Trump has hurled his ponderous bulk through wall after wall, Kool-Aid Man style, and once he leaves office, it’ll be up to the rest of us to repair those Trump-shaped holes. In order to do that, we need to fight to throw off the normalization of Trumpism now, even as it calcifies, while creating presidential reforms that prevent Trump-copycats or the next iteration of calamitous dumbness on a continuum that includes proto-Trumps such as George W. Bush and Sarah Palin, among many others.

I get it. It’s nearly impossible for us to fully absorb each travesty as it whizzes past our faces at ludicrous speed. Prioritizing and focusing upon what Trump does over what he merely says is always a smart idea, just as long as we never regard his tweets and obnoxious blurts as being irrelevant or normal. The president’s words matter, too. Yet at this point, regulating how the president talks is more a societal adjustment than a legislative one.

While the next Congress will hopefully launch hearings to introduce measures to pull back the reins on Article II executive powers based on the loopholes Trump has exposed — not unlike during the years after Watergate — Americans must also once again reject demagogues and populist political tourists like Trump. We have to stop mistaking “This guy has ideas!” or “This guy is just like me!” for “This guy should be president!”

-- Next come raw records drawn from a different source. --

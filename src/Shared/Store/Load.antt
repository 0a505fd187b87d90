-- ===== src/Shared/Store/Load.antt =====
-- What is loaded of what was saved.
use userface.Base.{
  ℕ, ◌+◌, ◌*◌, ◌/◌, ◌%◌, ◌^◌, ◌≤◌, ◌<◌, ◌≡◌, refl, arith, Bool, true, false, not, ◌&&◌, ◌||◌, List,
  [], ◌∷◌, ◌++◌, length, length-take, take, Option, some, leb, ◌==◌, if◌then◌else◌,
}
use userface.Shared.Store.{
  state_magic, header_bytes, Answers, save_blob, Loaded, nothing, payload_bytes, load_payload,
  load_blob,
}

take_all : (xs : List ℕ) → take (length xs) xs ≡ xs
take_all [] = refl
take_all (x ∷ xs) = rw (take_all xs)

-- The two outcomes of a save.
pick :
    (ok : Bool) (cap : ℕ) (file : List ℕ) (old : Option (List ℕ)) (r : Loaded)
    → load_blob cap (some file) ≡ r
    → let saved : Bool × Option (List ℕ) = if ok then (true, some file) else (false, old) in
      (load_blob cap saved.1 ≡ (if saved.0 then r else load_blob cap old)) × (saved.0 ≡ ok)
pick true cap file old r h = (h, refl)
pick false cap file old r h = (refl, refl)

u32_word :
    (x : ℕ)
    → x < 2 ^ 32
    → x % 256 + x / 256 % 256 * 256 + x / 65536 % 256 * 65536 + x / 16777216 % 256 * 16777216 ≡ x
u32_word x h = omega arith

-- What a file of any header and content loads as.
load-file :
    (cap magic version bytes : ℕ) (content : List ℕ)
    → magic < 2 ^ 32
    → version < 2 ^ 32
    → bytes < 2 ^ 32
    → let size = payload_bytes version bytes in
      load_blob cap (some (header_bytes magic version bytes ++ content)) ≡ (
        if (magic == state_magic)
          && ((version == 1) || (version == 2))
          && not (size == 0)
          && leb size cap
          && leb size (length content)
        then record { version = version; payload = take size content }
        else nothing)
unfolding load_blob load_payload
load-file cap magic version bytes content hm hv hb =
    let long : leb 16 (length (header_bytes magic version bytes ++ content)) ≡ true =
      ground arith in
    rw (long, u32_word magic hm, u32_word version hv, u32_word bytes hb) refl

-- A save that succeeds is loaded again, whole and as version 2, if it is not empty and fits; one that
-- fails at any call leaves what was there. A file cut short anywhere in its content loads as nothing.
pub load_blob-save_blob :
    (a : Answers) (cap n : ℕ) (bytes : List ℕ) (old : Option (List ℕ))
    → 0 < length bytes
    → length bytes < 2 ^ 32
    → length bytes ≤ cap
    → n < length bytes
    → let saved = save_blob a bytes old in
      (load_blob cap saved.1
        ≡ (if saved.0 then record { version = 2; payload = bytes } else load_blob cap old))
      × (saved.0 ≡ (a.opened && (a.header_written && a.data_written) && a.closed && a.renamed))
      × (load_blob cap (some (header_bytes state_magic 2 (length bytes) ++ take n bytes)) ≡ nothing)
unfolding save_blob payload_bytes
load_blob-save_blob a cap n bytes old h0 h1 h2 h3 =
    let whole = load-file cap state_magic 2 (length bytes) bytes (omega arith) (omega arith) h1 in
    let cut =
      load-file cap state_magic 2 (length bytes) (take n bytes) (omega arith) (omega arith) h1 in
    let ok = a.opened && (a.header_written && a.data_written) && a.closed && a.renamed in
    let back : load_blob cap (some (header_bytes state_magic 2 (length bytes) ++ bytes))
        ≡ record { version = 2; payload = bytes } =
      ground (arith, take_all bytes) in
    let p =
      pick ok cap (header_bytes state_magic 2 (length bytes) ++ bytes) old
        (record { version = 2; payload = bytes }) back in
    (p.0, p.1, ground (arith, length-take n bytes))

It isn't that Trump has exploited loopholes.  It's that Trump has no business being in the Oval Office at all.  A toddler with a loaded shotgun is not exploiting loopholes in gun control laws; it's something that simply shouldn't happen, and when it does, you get the gun away from the toddler as quickly as possible, then hold the adults in the room responsible for what just happened.  Unfortunately, our Constitutional system doesn't work that way, because trying to design it so it does is trying to design it to save us from ourselves.  If you are determined to let a toddler have free access to loaded firearms, you are going to suffer the consequences; but society can act to prevent you from doing that, and make sure you suffer all the consequences of your actions that may be visited on others.  However, if the electorate is determined to elect a perfect idiot to the President, there is no institutional nor Constitutional system that can prevent it.

Like laws that supposedly control our behavior and keep us from all robbing and raping and terrorizing each other.  The lack of police on my block (they've been here once in the nearly 20 years I've lived here.  I never remember them once on the block where my parents lived for 50 years.) doesn't give us all free reign to blight each other's lives.  We don't need the policeman at our elbow to be civilized beings; but obviously some percentage of the population does.  That percentage is a numerical minority of the population.  That percentage should never supply a candidate for public office, especially when that office is the highest in the land.  When it does, the failure is not in the system, not in a "loophole" that government can fill with a statute or even a Constitutional amendment.  That failure is in the electorate.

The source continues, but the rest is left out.